S&P 500 companies issued $775 billion in bonds during 2017, the sixth consecutive year of record US corporate bond issuance, according to Jason Giordano, director of fixed income at S&P Dow Jones Indices.
The bumper issuance saw the S&P 500 Bond Index reach a total market value over $4.5 trillion, representing close to 70% of all US investment-grade corporate debt.
The S&P 500 Bond Index measures the performance of publicly traded fixed income bonds issued in the US by companies in the blue-chip S&P 500 index.
The index is weighted by the market value of the bonds and has a maturity requirement of one month or greater. It also applies minimum size constraints: for investment-grade bonds, a minimum issuance of $250 million is required, and for high-yield it is $100m.
Rebalances are monthly, thus keeping the index current, while the index is also liquid enough to serve as the basis for ETFs and structured products.
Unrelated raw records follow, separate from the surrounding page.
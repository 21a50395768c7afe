-- ===== src/Cluster/Late.antt =====
-- Late initialisation of a cluster: the user's values stay, and the platform fills the gaps.
use provider_crossplane_akui.Common.{
  Bool-cases, ◌≡◌, refl, sym, subst, ◌≢◌, ==_iff, inl, inr, String, true, false, Option, none, some,
  arith,
}
use provider_crossplane_akui.Common.Text.{equal_fold}
use provider_crossplane_akui.ClusterTypes.{ClusterData}
use provider_crossplane_akui.KargoAgent.Normalize.{or_observed, normalize_ptr_field}
use provider_crossplane_akui.Cluster.{ClusterParameters}
use provider_crossplane_akui.Cluster.Normalize.{late_sized, late_rendered, late_initialize_cluster}
use provider_crossplane_akui.Cluster.Idempotent.{or_observed_again, late_data, late_data_idem}

-- A gap is filled with what the platform reports, and what the user set stays.
abbrev IsFilled : {A : Type 0} → Option A → Option A → Option A → Type 0
IsFilled {A} set reported taken =
    (set ≡ none → taken ≡ reported) × ((x : A) → set ≡ some x → taken ≡ some x)

abbrev IsFilledText : String → String → String → Type 0
IsFilledText set reported taken = (set ≡ "" → taken ≡ reported) × (set ≢ "" → taken ≡ set)

-- The data, but for the fields that late initialisation may fill.
abbrev filled_from : ClusterData → ClusterData → ClusterData
filled_from d e = record d {
  auto_upgrade_disabled = e.auto_upgrade_disabled;
  app_replication = e.app_replication;
  target_version = e.target_version;
  redis_tunneling = e.redis_tunneling;
  size = e.size;
  multi_cluster_k8s_dashboard_enabled = e.multi_cluster_k8s_dashboard_enabled;
  pod_inherit_metadata = e.pod_inherit_metadata;
  kustomization = e.kustomization;
  autoscaler_config = e.autoscaler_config;
}

pub record IsLateInitialized (p actual q : ClusterParameters) : Type 0 where
  pub namespace : IsFilledText p.namespace actual.namespace q.namespace
  upgrades :
      IsFilled p.cluster_spec.cluster_data.auto_upgrade_disabled
        actual.cluster_spec.cluster_data.auto_upgrade_disabled
        q.cluster_spec.cluster_data.auto_upgrade_disabled
  replication :
      IsFilled p.cluster_spec.cluster_data.app_replication
        actual.cluster_spec.cluster_data.app_replication q.cluster_spec.cluster_data.app_replication
  pub version :
      IsFilledText p.cluster_spec.cluster_data.target_version
        actual.cluster_spec.cluster_data.target_version q.cluster_spec.cluster_data.target_version
  tunneling :
      IsFilled p.cluster_spec.cluster_data.redis_tunneling
        actual.cluster_spec.cluster_data.redis_tunneling q.cluster_spec.cluster_data.redis_tunneling
  pub size :
      IsFilledText p.cluster_spec.cluster_data.size actual.cluster_spec.cluster_data.size
        q.cluster_spec.cluster_data.size
  pub dashboard :
      IsFilled p.cluster_spec.cluster_data.multi_cluster_k8s_dashboard_enabled
        actual.cluster_spec.cluster_data.multi_cluster_k8s_dashboard_enabled
        q.cluster_spec.cluster_data.multi_cluster_k8s_dashboard_enabled
  pub metadata :
      IsFilled p.cluster_spec.cluster_data.pod_inherit_metadata
        actual.cluster_spec.cluster_data.pod_inherit_metadata
        q.cluster_spec.cluster_data.pod_inherit_metadata
  pub custom :
      equal_fold q.cluster_spec.cluster_data.size "custom" ≡ true
      → (q.cluster_spec.cluster_data.kustomization ≡ p.cluster_spec.cluster_data.kustomization)
        × (q.cluster_spec.cluster_data.autoscaler_config
            ≡ p.cluster_spec.cluster_data.autoscaler_config)
  pub other :
      equal_fold q.cluster_spec.cluster_data.size "custom" ≡ false
      → IsFilledText p.cluster_spec.cluster_data.kustomization
          actual.cluster_spec.cluster_data.kustomization q.cluster_spec.cluster_data.kustomization
        × IsFilled p.cluster_spec.cluster_data.autoscaler_config
            actual.cluster_spec.cluster_data.autoscaler_config
            q.cluster_spec.cluster_data.autoscaler_config
  pub kept : q ≡ record p {
    namespace = q.namespace;
    cluster_spec = record (p.cluster_spec) {
      cluster_data = filled_from p.cluster_spec.cluster_data q.cluster_spec.cluster_data;
    };
  }

normalize_ptr_field-IsFilled :
    {A : Type 0} (x y : Option A) → IsFilled x y (normalize_ptr_field x y)
normalize_ptr_field-IsFilled none none = (λ h. refl, λ a h. absurd (cc))
normalize_ptr_field-IsFilled none (some y) = (λ h. refl, λ a h. absurd (cc))
normalize_ptr_field-IsFilled (some x) y = (λ h. absurd (cc), λ a h. h)

or_observed-IsFilledText : (x y : String) → IsFilledText x y (or_observed x y)
or_observed-IsFilledText x y =
    let e = ==_iff x "" in (λ h. ground (arith, e, h), λ n. ground (arith, e, n))

late_initialize_cluster_idem :
    (p actual : ClusterParameters)
    → late_initialize_cluster (late_initialize_cluster p actual) actual
      ≡ late_initialize_cluster p actual
unfolding late_initialize_cluster late_data
late_initialize_cluster_idem p actual =
    let a = actual.cluster_spec.cluster_data in
    let namespaces = or_observed_again p.namespace actual.namespace in
    let datas = late_data_idem p.cluster_spec.cluster_data a in cc (namespaces, datas)

late_rendered-IsFilled :
    (d a : ClusterData)
    → (equal_fold d.size "custom" ≡ true
        → ((late_rendered d a).kustomization ≡ d.kustomization)
          × ((late_rendered d a).autoscaler_config ≡ d.autoscaler_config))
      × (equal_fold d.size "custom" ≡ false
          → IsFilledText d.kustomization a.kustomization (late_rendered d a).kustomization
            × IsFilled d.autoscaler_config a.autoscaler_config
                (late_rendered d a).autoscaler_config)
late_rendered-IsFilled d a = (
  λ y. rw y (refl, refl),
  λ n. rw n (
    or_observed-IsFilledText d.kustomization a.kustomization,
    normalize_ptr_field-IsFilled d.autoscaler_config a.autoscaler_config,
  ),
)

late_rendered-sized :
    (d a : ClusterData)
    → late_rendered d a ≡ record d {
      kustomization = (late_rendered d a).kustomization;
      autoscaler_config = (late_rendered d a).autoscaler_config;
    }
late_rendered-sized d a = elim (Bool-cases (equal_fold d.size "custom")) [
  | inl y ↦ rw y refl
  | inr n ↦ rw n refl
]

-- The parameters that late initialisation leaves, with these data.
abbrev late_with : ClusterParameters → ClusterParameters → ClusterData → ClusterParameters
late_with p actual x = record p {
  namespace = or_observed p.namespace actual.namespace;
  cluster_spec = record (p.cluster_spec) { cluster_data = x };
}

late_with-IsLateInitialized :
    (p actual : ClusterParameters)
    → IsLateInitialized p actual (
        late_with p actual (
          late_rendered
            (late_sized p.cluster_spec.cluster_data actual.cluster_spec.cluster_data)
            actual.cluster_spec.cluster_data))
late_with-IsLateInitialized p actual =
    let d = p.cluster_spec.cluster_data in
    let a = actual.cluster_spec.cluster_data in
    let (custom, other) = late_rendered-IsFilled (late_sized d a) a in
    subst (λ (x : ClusterData). IsLateInitialized p actual (late_with p actual x))
      (sym (late_rendered-sized (late_sized d a) a))
      (record {
        namespace = or_observed-IsFilledText p.namespace actual.namespace;
        upgrades = normalize_ptr_field-IsFilled d.auto_upgrade_disabled a.auto_upgrade_disabled;
        replication = normalize_ptr_field-IsFilled d.app_replication a.app_replication;
        version = or_observed-IsFilledText d.target_version a.target_version;
        tunneling = normalize_ptr_field-IsFilled d.redis_tunneling a.redis_tunneling;
        size = or_observed-IsFilledText d.size a.size;
        dashboard =
            normalize_ptr_field-IsFilled d.multi_cluster_k8s_dashboard_enabled
              a.multi_cluster_k8s_dashboard_enabled;
        metadata = normalize_ptr_field-IsFilled d.pod_inherit_metadata a.pod_inherit_metadata;
        custom = custom;
        other = other;
        kept = refl;
      })

-- Late initialisation never changes what the user set: each field that it may fill takes what the
-- platform reports if the user left it unset, and stays as it is if not; the kustomization and the
-- autoscaler stay as they are if the size is "custom"; and every other field stays. Once done, the
-- same report changes nothing more.
pub late_initialize_cluster-IsLateInitialized :
    (p actual : ClusterParameters)
    → IsLateInitialized p actual (late_initialize_cluster p actual)
      × (late_initialize_cluster (late_initialize_cluster p actual) actual
          ≡ late_initialize_cluster p actual)
unfolding late_initialize_cluster
late_initialize_cluster-IsLateInitialized p actual =
    (late_with-IsLateInitialized p actual, late_initialize_cluster_idem p actual)
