-- ===== src/Cluster/Maintenance.antt =====
-- The maintenance mode is set once.
use provider_crossplane_akui.Common.{
  Result-cases, ◌==◌, ==_iff, Bool-cases, Option-cases, ◌≡◌, refl, ap, ◌∙◌, ◌≢◌, ◌⊎◌, inl, inr,
  Bool, true, false, none, some, arith,
}
use provider_crossplane_akui.Reason.{is_kind, is_terminal}
use provider_crossplane_akui.Cluster.{
  same_mode, ClusterResource, ClusterApi, or_false, maintenance_mode_already_applied,
  sync_maintenance_mode,
}

same_mode_refl : (b : Bool) → same_mode b b ≡ true
same_mode_refl true = refl
same_mode_refl false = refl

module _ {S T C : Type 0} (api : ClusterApi S T C) where
  -- Once the status of the resource reports the mode and the expiry that the user set, setting
  -- the maintenance mode makes no call, and fails only with a terminal error, for an expiry that
  -- is no time. The expiry must not be the empty text, which sets none, and a time is assumed to
  -- be equal to itself.
  pub sync_maintenance_mode-settled :
      (s : S) (mg : ClusterResource)
      → ((t : T) → api.same_time t t ≡ true)
      → mg.at_provider.at_cluster_spec.cluster_data.maintenance_mode
        ≡ some (or_false mg.for_provider.cluster_spec.cluster_data.maintenance_mode)
      → mg.at_provider.at_cluster_spec.cluster_data.maintenance_mode_expiry
        ≡ mg.for_provider.cluster_spec.cluster_data.maintenance_mode_expiry
      → mg.for_provider.cluster_spec.cluster_data.maintenance_mode_expiry ≢ some ""
      → ((sync_maintenance_mode api s mg).1 ≡ s)
        × (((sync_maintenance_mode api s mg).0 ≡ none)
            ⊎ (is_terminal (sync_maintenance_mode api s mg).0 ≡ true))
  unfolding sync_maintenance_mode maintenance_mode_already_applied is_kind
  sync_maintenance_mode-settled s mg refl_time mode expiry full =
      let d = mg.for_provider.cluster_spec.cluster_data in
      let b = same_mode_refl (or_false d.maintenance_mode) in
      elim (Option-cases d.maintenance_mode_expiry) [
        | inl x ↦ (ground (arith, mode, expiry, b, x), inl (ground (arith, mode, expiry, b, x)))
        | inr (t, x) ↦ elim (Bool-cases (t == "")) [
          | inl e ↦ absurd (full (x ∙ ap some ((==_iff t "").0 e)))
          | inr e ↦ elim (Result-cases (api.codecs.codec.parse_time t)) [
            | inr (y, p) ↦ (
              ground (arith, mode, expiry, b, x, e, p),
              inr (ground (arith, mode, expiry, b, x, e, p)),
            )
            | inl (u, p) ↦ (
              ground (arith, mode, expiry, b, x, e, p, refl_time u),
              inl (ground (arith, mode, expiry, b, x, e, p, refl_time u)),
            )
          ]
        ]
      ]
According to Giordano, the rise in issuance is reflective of companies continuing to take advantage of the accommodative environment created by low interest rates and strong investor demand. “Approximately 65% of issuances were refinancings, with corporations looking to lock in lower interest rates and extend maturities,” he said.
One-fifth of the issues to enter the index during 2017 were 30-year term deals, lifting the weighted-average maturity of the index close to its 2015 peak. Firms in the financials sector were the top issuers in 2017, followed by information technology and consumer discretionary.
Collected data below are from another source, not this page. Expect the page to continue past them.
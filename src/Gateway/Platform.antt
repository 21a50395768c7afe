-- ===== src/Gateway/Platform.antt =====
-- A platform with one instance, one cluster, one agent and two workspaces, on which the client is
-- tried; its state is the log of the calls that write.
use provider_crossplane_akui.Common.{
  ok, err, if◌then◌else◌, ◌==◌, ℕ, zero, suc, ◌<>◌, String, Bool, true, false, none, some, [], ◌∷◌,
}
use provider_crossplane_akui.Reason.{
  Error, not_found_code, permission_denied_code, foreign, ErrorApi,
}
use provider_crossplane_akui.Json.{null}
use provider_crossplane_akui.Gateway.State.{
  new_workspace_id_cache, successful, Instance, Agent, Workspace, body, chunk, chunks_closed,
  Client, ClientWorld, Method, GatewayApi,
}

-- `foreign 0` has the code NOT_FOUND, `foreign 1` PERMISSION_DENIED.
abbrev pub errors : ErrorApi
errors = record {
  from_error = λ e. elim e [
    | foreign zero m ↦ some (record { code = not_found_code; message = m })
    | foreign (suc n) m ↦ some (record { code = permission_denied_code; message = m })
    | _ ↦ none
  ];
  is_kube_not_found = λ _. false;
  is_forbidden = λ _. false;
  is_unauthorized = λ _. false;
}

abbrev pub instance_a : Instance
instance_a = record { id = "i-1"; workspace_id = ""; rest = null }

abbrev pub agent_a : Agent
agent_a = record { id = "a-1"; name = "east"; reconciliation_status = some successful; rest = null }

abbrev pub home : Workspace
home = record { id = "w-1"; name = "home"; is_default = true }

-- Its name is the ID of the other one.
abbrev pub lab : Workspace
lab = record { id = "w-2"; name = "w-1"; is_default = false }

-- At most `n` attempts.
unfoldable pub attempts : ℕ → (Error → Bool) → Method String Agent → Method String Agent
attempts zero test m w = m w
attempts (suc n) test m w =
    let next = attempts n test m (m w).1 in
    elim (m w).0 [ ok a ↦ (ok a, (m w).1) | err e ↦ if test e then next else (err e, (m w).1) ]

abbrev pub platform : GatewayApi String String
platform = record {
  errors = errors;
  get_instance = λ r s. (if r.id == "i-1" then ok (body instance_a) else err (foreign 0 "no"), s);
  export_instance = λ r s. (ok (some null), s);
  patch_instance = λ r s. (none, s <> " patch " <> r.id);
  apply_instance = λ r s. (none, s <> " apply " <> r.organization_id <> "/" <> r.workspace_id);
  delete_instance = λ r s. (none, s <> " delete " <> r.id);
  get_instance_cluster =
      λ r s. (if r.id == "east" then ok (body agent_a) else err (foreign 1 "denied"), s);
  get_instance_cluster_manifests = λ r s. (ok (chunk "a" (chunk "b" chunks_closed)), s);
  delete_instance_cluster = λ r s. (none, s <> " delete " <> r.id);
  set_cluster_maintenance_mode = λ r s. (none, s);
  get_kargo_instance = λ r s. (ok (body instance_a), s);
  list_kargo_instances = λ o s. (ok (instance_a ∷ []), s);
  export_kargo_instance = λ r s. (ok null, s);
  patch_kargo_instance = λ r s. (none, s);
  apply_kargo_instance = λ r s. (none, s);
  delete_kargo_instance = λ r s. (none, s);
  list_kargo_instance_agents = λ r s. (ok (agent_a ∷ []), s);
  get_kargo_instance_agent = λ r s. (ok (body agent_a), s);
  get_kargo_instance_agent_manifests = λ r s. (ok chunks_closed, s);
  delete_instance_agent = λ r s. (none, s);
  list_workspaces = λ o s. (ok (lab ∷ home ∷ []), s);
  do_with_data = attempts;
}

abbrev pub client : Client
client = record {
  organization_id = "org";
  api_key_id = "key";
  api_key_secret = "secret";
  has_kargo = true;
  has_org = true;
}

abbrev pub fresh : ClientWorld String
fresh = record { remote = ""; cache = some new_workspace_id_cache; writes = some [] }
The top five issuers during the year were AT&T ($38.0bn), Apple ($26.8bn), Verizon ($25.6bn), Broadcom ($17.6bn), and Microsoft ($17.0bn).
In January 2016, ETF provider ProShares filed a preliminary prospectus with the US Securities & Exchange Commission to launch an ETF based on the index, to be listed on the NYSE Arca. However, the ETF – to be called the ProShares S&P 500 Bond ETF – is yet to have materialised.